“Let’s change the subject,” Rian say even more firmly.

“To what?” I ask, my tone bright.

“To anything that doesn’t require a high level of security clearance.”

Fetor chuckles.

“So, you’re announcing tonight that the climate cleaners are going to be released soon,” I say. “I assume they’ll be going out of this super secure office of yours?”

“That’s on a need-to-know basis,” Rian says, cutting Fetor off from telling me everything. Fine. I can work for my information. But also, he just confirmed what I asked, so that was nice of him.

“And here we are. The Skye Martin room,” Fetor announces, sweeping his hand toward the gallery display.

The museum has a portion of an actual portal on display. It’s been deactivated, obviously, and the power core’s been taken out. It’s only a fraction of the ring—with one part in Fetor’s backyard, apparently—but even so, it’s massive.

Fetor starts talking like he’s a professor in a lecture hall, but I can easily block his voice from my mind as I move around the display. When will men realize that just because they speak doesn’t mean anyone’s listening?

Unlike the Mission Control Room, this display is designed to be interactive. I’m allowed to go right up to the portal ring and touch it. My hands trail over the metal edge. Here, the wall of the ring is as tall as my chest and wider than two Rians standing on top of each other. The curve goes all the way up to the ceiling, giving it the illusion of continuing through the plaster.

Fetor pauses in the endless drone of misinformation that I’ve long since tuned out, and I use that opportunity to activate the holo for the room. The lights project a woman in a thick space suit floating out of the ceiling like a ghost, her face obscured by a mirrored visor on her helmet. She’s got a heavy, clunky LifePack on, and she doesn’t have jaxon jets, which is a shame, because someone like Skye Martin deserved jaxon jets. She was just born before they were invented.

“There she is. The woman who invented portals,” Fetor says, pointing to the holo projection.

Skye Martin didn’t invent portal travel. She was born on Centauri-Earth, which means she wouldn’t have even been on a planet other than Earth if portal travel hadn’t already been invented. Portals are the only thing that allow faster-than-light travel.

What Skye Martin did was make it even quicker. She combined solar glass—a rare material that’s only ever been found on a handful of worlds inhabited or not—with portal tech to make portals faster and more reliable. Without her, it would take months or years to go between worlds. Now? Weeks. Days for some paths.

When I look over, I see Rian watching me, as if he thinks I could pick up this piece of a portal and hide it under my tight-fitting sea-silk dress.

“Mr. White, Mr. Fetor?” a voice says from the door.

We all look up to see Phoebe, Rian’s associate in the red number, standing tentatively. She looks a little frazzled. Up and down the steps, wrangling wayward men. Not the best job to have.

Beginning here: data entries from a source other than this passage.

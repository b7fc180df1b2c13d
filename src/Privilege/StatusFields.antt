-- ===== src/Privilege/StatusFields.antt =====
-- The fields of `struct status_control_blob` behind the callbacks of mstatus and sstatus, without the
-- masks: what sandbox/csr_machine_level.c and csr_supervisor_level.c write and read.
use hyrule.Prelude.{ℕ, ◌+◌, ◌*◌, ◌/◌, ◌%◌, ◌^◌, ◌<◌, ◌≡◌, arith, bit_and}
use hyrule.Prelude.Bits.{bit_and_mask, bit_or_fields_low}
use hyrule.Privilege.{PrivilegedHart, Status}
use hyrule.Privilege.Csr.{bit_at, csr_mstatus_write, csr_mstatus_read}
use hyrule.Privilege.Supervisor.{csr_sstatus_write, csr_sstatus_read}
use hyrule.Privilege.WpriMask.{supervisor_view}

-- The fields have their widths.
pub record IsStatus (s : Status) : Type 0 where
  pub uie_bit : s.uie < 2
  pub sie_bit : s.sie < 2
  pub mie_bit : s.mie < 2
  pub upie_bit : s.upie < 2
  pub spie_bit : s.spie < 2
  pub mpie_bit : s.mpie < 2
  pub spp_bit : s.spp < 2
  pub mpp_bits : s.mpp < 4

mstatus_sum :
    (h : PrivilegedHart)
    → IsStatus h.status
    → csr_mstatus_read h
      ≡ h.status.uie
        + h.status.sie * 2
        + h.status.mie * 8
        + h.status.upie * 16
        + h.status.spie * 32
        + h.status.mpie * 128
        + h.status.spp * 256
        + h.status.mpp * 2048
unfolding csr_mstatus_read
mstatus_sum h is =
    let s = h.status in
    let (b0, b1, b3, b4) : (s.uie < 2) × (s.sie < 2) × (s.mie < 2) × (s.upie < 2) =
      (is.uie_bit, is.sie_bit, is.mie_bit, is.upie_bit) in
    let (b5, b7, b8, b11) : (s.spie < 2) × (s.mpie < 2) × (s.spp < 2) × (s.mpp < 4) =
      (is.spie_bit, is.mpie_bit, is.spp_bit, is.mpp_bits) in
    let e0 = bit_or_fields_low 0 s.uie 0 (omega arith) in
    let e1 = bit_or_fields_low 1 s.sie (s.uie * 2 ^ 0 + 0) (omega arith) in
    let r1 = s.sie * 2 ^ 1 + (s.uie * 2 ^ 0 + 0) in
    let e3 = bit_or_fields_low 3 s.mie r1 (omega arith) in
    let r3 = s.mie * 2 ^ 3 + r1 in
    let e4 = bit_or_fields_low 4 s.upie r3 (omega arith) in
    let r4 = s.upie * 2 ^ 4 + r3 in
    let e5 = bit_or_fields_low 5 s.spie r4 (omega arith) in
    let r5 = s.spie * 2 ^ 5 + r4 in
    let e7 = bit_or_fields_low 7 s.mpie r5 (omega arith) in
    let r7 = s.mpie * 2 ^ 7 + r5 in
    let e8 = bit_or_fields_low 8 s.spp r7 (omega arith) in
    let r8 = s.spp * 2 ^ 8 + r7 in
    let e11 = bit_or_fields_low 11 s.mpp r8 (omega arith) in
    rw (e0, e1, e3, e4, e5, e7, e8, e11) (omega arith)

sstatus_sum :
    (h : PrivilegedHart)
    → IsStatus h.status
    → csr_sstatus_read h
      ≡ h.status.uie
        + h.status.sie * 2
        + h.status.upie * 16
        + h.status.spie * 32
        + h.status.spp * 256
unfolding csr_sstatus_read
sstatus_sum h is =
    let s = h.status in
    let (b0, b1, b4, b5) : (s.uie < 2) × (s.sie < 2) × (s.upie < 2) × (s.spie < 2) =
      (is.uie_bit, is.sie_bit, is.upie_bit, is.spie_bit) in
    let e0 = bit_or_fields_low 0 s.uie 0 (omega arith) in
    let e1 = bit_or_fields_low 1 s.sie (s.uie * 2 ^ 0 + 0) (omega arith) in
    let r1 = s.sie * 2 ^ 1 + (s.uie * 2 ^ 0 + 0) in
    let e4 = bit_or_fields_low 4 s.upie r1 (omega arith) in
    let r4 = s.upie * 2 ^ 4 + r1 in
    let e5 = bit_or_fields_low 5 s.spie r4 (omega arith) in
    let r5 = s.spie * 2 ^ 5 + r4 in
    let e8 = bit_or_fields_low 8 s.spp r5 (omega arith) in rw (e0, e1, e4, e5, e8) (omega arith)

bit_is : (k value : ℕ) → bit_at k value ≡ value / 2 ^ k % 2
bit_is k value = bit_and_mask 1 (value / 2 ^ k)

two_bits : (value : ℕ) → bit_and (value / 2 ^ 11) 0x3 ≡ value / 2 ^ 11 % 4
two_bits value = bit_and_mask 2 (value / 2 ^ 11)

mstatus_write-IsStatus : (h : PrivilegedHart) (w : ℕ) → IsStatus (csr_mstatus_write h w).status
unfolding csr_mstatus_write
mstatus_write-IsStatus h w = record {
  uie_bit = omega (arith, bit_is 0 w);
  sie_bit = omega (arith, bit_is 1 w);
  mie_bit = omega (arith, bit_is 3 w);
  upie_bit = omega (arith, bit_is 4 w);
  spie_bit = omega (arith, bit_is 5 w);
  mpie_bit = omega (arith, bit_is 7 w);
  spp_bit = omega (arith, bit_is 8 w);
  mpp_bits = omega (arith, two_bits w);
}

sstatus_write-IsStatus :
    (h : PrivilegedHart) (w : ℕ) → IsStatus h.status → IsStatus (csr_sstatus_write h w).status
unfolding csr_sstatus_write
sstatus_write-IsStatus h w is = record {
  uie_bit = omega (arith, bit_is 0 w);
  sie_bit = omega (arith, bit_is 1 w);
  mie_bit = is.mie_bit;
  upie_bit = omega (arith, bit_is 4 w);
  spie_bit = omega (arith, bit_is 5 w);
  mpie_bit = is.mpie_bit;
  spp_bit = omega (arith, bit_is 8 w);
  mpp_bits = is.mpp_bits;
}

-- What the callbacks keep of a word, without the masks.
pub mstatus_raw :
    (h : PrivilegedHart) (w : ℕ)
    → csr_mstatus_read (csr_mstatus_write h w)
      ≡ w % 4 + w / 8 % 2 * 8 + w / 16 % 4 * 16 + w / 128 % 4 * 128 + w / 2048 % 4 * 2048
unfolding csr_mstatus_write
mstatus_raw h w =
    rw
      (
        mstatus_sum (csr_mstatus_write h w) (mstatus_write-IsStatus h w),
        bit_is 0 w,
        bit_is 1 w,
        bit_is 3 w,
        bit_is 4 w,
        bit_is 5 w,
        bit_is 7 w,
        bit_is 8 w,
        two_bits w,
      )
      (omega arith)

pub sstatus_of_mstatus :
    (h : PrivilegedHart) (w : ℕ) → csr_sstatus_read (csr_mstatus_write h w) ≡ supervisor_view w
unfolding csr_mstatus_write
sstatus_of_mstatus h w =
    rw
      (
        sstatus_sum (csr_mstatus_write h w) (mstatus_write-IsStatus h w),
        bit_is 0 w,
        bit_is 1 w,
        bit_is 4 w,
        bit_is 5 w,
        bit_is 8 w,
      )
      (omega arith)

module _ (h : PrivilegedHart) (w : ℕ) (own : IsStatus h.status) where
  pub sstatus_raw : csr_sstatus_read (csr_sstatus_write h w) ≡ supervisor_view w
  unfolding csr_sstatus_write
  sstatus_raw =
      rw
        (
          sstatus_sum (csr_sstatus_write h w) (sstatus_write-IsStatus h w own),
          bit_is 0 w,
          bit_is 1 w,
          bit_is 4 w,
          bit_is 5 w,
          bit_is 8 w,
        )
        (omega arith)

  pub mstatus_of_sstatus :
      csr_mstatus_read (csr_sstatus_write h w)
      ≡ supervisor_view w + h.status.mie * 8 + h.status.mpie * 128 + h.status.mpp * 2048
  unfolding csr_sstatus_write
  mstatus_of_sstatus =
      rw
        (
          mstatus_sum (csr_sstatus_write h w) (sstatus_write-IsStatus h w own),
          bit_is 0 w,
          bit_is 1 w,
          bit_is 4 w,
          bit_is 5 w,
          bit_is 8 w,
        )
        (omega arith)
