-- ===== src/Privilege/Walk.antt =====
-- sandbox/mmu_pagewalker.c, and of sandbox/mmu.h the address that an access with paging goes to.
pub mod Sv32
use hyrule.Prelude.{
  ℕ, ◌+◌, ◌-◌, ◌*◌, ◌/◌, ◌%◌, ◌^◌, bit_and, bit_or, Bool, true, false, ◌&&◌, Option,
}
use hyrule.Prelude.{none, some, ◌==◌, if◌then◌else◌}
use hyrule.Prelude.Int.{ℤ, pos, negsuc}
use hyrule.Cache.Memory.{Array, store}
use hyrule.Privilege.Tlb.{TlbEntry, va_to_4k_tlb_entry, va_to_4m_tlb_entry, va_to_tlb_entry}

-- The guest's physical memory: the word that `pmr_direct` points to, `none` where no region holds the
-- address, and whether a region holds an address.
pub record PhysicalMemory : Type 0 where
  pub pte_at : ℕ → Option ℕ
  pub is_backed : ℕ → Bool

abbrev pub page_mask_4k : ℕ
page_mask_4k = 0xfffff000

abbrev pub page_mask_4m : ℕ
page_mask_4m = 0xffc00000

-- `read`, `write` or `execute` of `struct sv32_pte`.
abbrev pub is_leaf : ℕ → Bool
is_leaf pte = if pte / 2 % 2 == 0 && pte / 4 % 2 == 0 && pte / 8 % 2 == 0 then false else true

abbrev pub entry_of : ℕ → ℕ → ℕ → TlbEntry
entry_of mask va ppn = record {
  va_tag = bit_and va mask;
  pa_tag = bit_and (ppn * 2 ^ 12 % 2 ^ 32) mask;
  page_mask = mask;
  entry_valid = 1;
}

abbrev pub Walked : Type 0
Walked = Array TlbEntry × ℤ

module _ (mem : PhysicalMemory) (va : ℕ) (tlb : Array TlbEntry) (tlb_cap : ℕ) where
  -- The entry is written before the assertion that a region holds the page.
  abbrev pub filled : ℕ → ℕ → ℕ → Option Walked
  filled mask index ppn =
      if mem.is_backed (bit_and (ppn * 2 ^ 12 % 2 ^ 32) mask)
      then some (store tlb index (entry_of mask va ppn), pos 0)
      else none

  abbrev pub walk_level2 : Option ℕ → Option Walked
  walk_level2 none = none
  walk_level2 (some level2_pte) =
      if level2_pte % 2 == 0
      then some (tlb, negsuc 1)
      else filled page_mask_4k (va_to_4k_tlb_entry tlb_cap va) (level2_pte / 2 ^ 10)

  abbrev pub level2_address : ℕ → ℕ
  level2_address level1_pte =
      (level1_pte / 2 ^ 10 * 2 ^ 12 % 2 ^ 32 + bit_and (va / 2 ^ 12) 0x3ff * 4) % 2 ^ 32

  abbrev pub walk_level1 : Option ℕ → Option Walked
  walk_level1 none = none
  walk_level1 (some level1_pte) =
      if level1_pte % 2 == 0
      then some (tlb, negsuc 0)
      else (if is_leaf level1_pte
          then filled page_mask_4m (va_to_4m_tlb_entry tlb_cap va) (level1_pte / 2 ^ 10)
          else walk_level2 (mem.pte_at (level2_address level1_pte)))

  unfoldable pub walk_page_table : ℕ → Option Walked
  walk_page_table satp =
      if bit_and satp 0x80000000 == 0
      then none
      else walk_level1
          (mem.pte_at ((satp * 2 ^ 12 % 2 ^ 32 + bit_and (va / 2 ^ 22) 0x3ff * 4) % 2 ^ 32))

-- `entry->pa_tag | (linear_address & ~entry->page_mask)`; `none` is the null pointer, a page fault.
abbrev pub address_in : Array TlbEntry → ℕ → Option ℕ → Option ℕ
address_in tlb va none = none
address_in tlb va (some index) =
    some (bit_or (tlb index).pa_tag (bit_and va (2 ^ 32 - 1 - (tlb index).page_mask)))

abbrev pub after_walk : ℕ → ℕ → Option Walked → Option (Option ℕ)
after_walk tlb_cap va none = none
after_walk tlb_cap va (some (tlb, code)) = some (address_in tlb va (va_to_tlb_entry tlb tlb_cap va))

abbrev pub after_lookup : PhysicalMemory → ℕ → Array TlbEntry → ℕ → ℕ → Option ℕ → Option (Option ℕ)
after_lookup mem satp tlb tlb_cap va (some index) = some (address_in tlb va (some index))
after_lookup mem satp tlb tlb_cap va none =
    after_walk tlb_cap va (walk_page_table mem va tlb tlb_cap satp)

-- The address that `vmread` and `vmwrite` access with paging on, or `some none` for a page fault.
unfoldable pub access_address : PhysicalMemory → ℕ → Array TlbEntry → ℕ → ℕ → Option (Option ℕ)
access_address mem satp tlb tlb_cap va =
    after_lookup mem satp tlb tlb_cap va (va_to_tlb_entry tlb tlb_cap va)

“Hello, Phoebe,” I say. She nods at me, but her attention is on Rian and Fetor. “Love your dress.”

She glances at me as if she’d forgotten I was here. “Thanks,” she says, her attention already drifting back to Rian. “It’s an Eva Charming. Sir, we really need to complete the tech check with the addition of—”

“It’s fine; it’s just a tech check,” Fetor says waving her off. “Iinventedthe tech.”

“And it’s still in prototype,” Phoebe says cooly. So, picking up on the way she doesn’t let emotion inflect her voice, this fancy-hover stage thing with a fancier nanobot display isn’t exactly ready for showtime.

“Also, the people operating the stage didn’t invent it and have never worked on something like it before.” Rian sighs. “I’ll go with you and make sure it’s quick.”

“Have fun, bossman,” I tell Rian with a mock two-finger salute.

Rian’s eyes narrow. “Phoebe, did you ensure the security was back on in the Mission Control display?”

“Of course,” she says, all efficiency. Rian pauses, saying something low to her, and her eyes zero in on me, narrowed, suspicious.

That’s that, I guess. Rian’s off to do more boring things, and he’s set his watchdog on me instead.

Fetor turns to me as he heads out. “Lovely meeting you.”

He still can’t remember my name. “I regret every second I’ve spent in your presence, and I want to stomp your face in,” I say genially.

“In those shoes?” Fetor makes a point of staring at my silver heels. “Some people would pay good money for that.”

Well, now he has my attention. “Really?”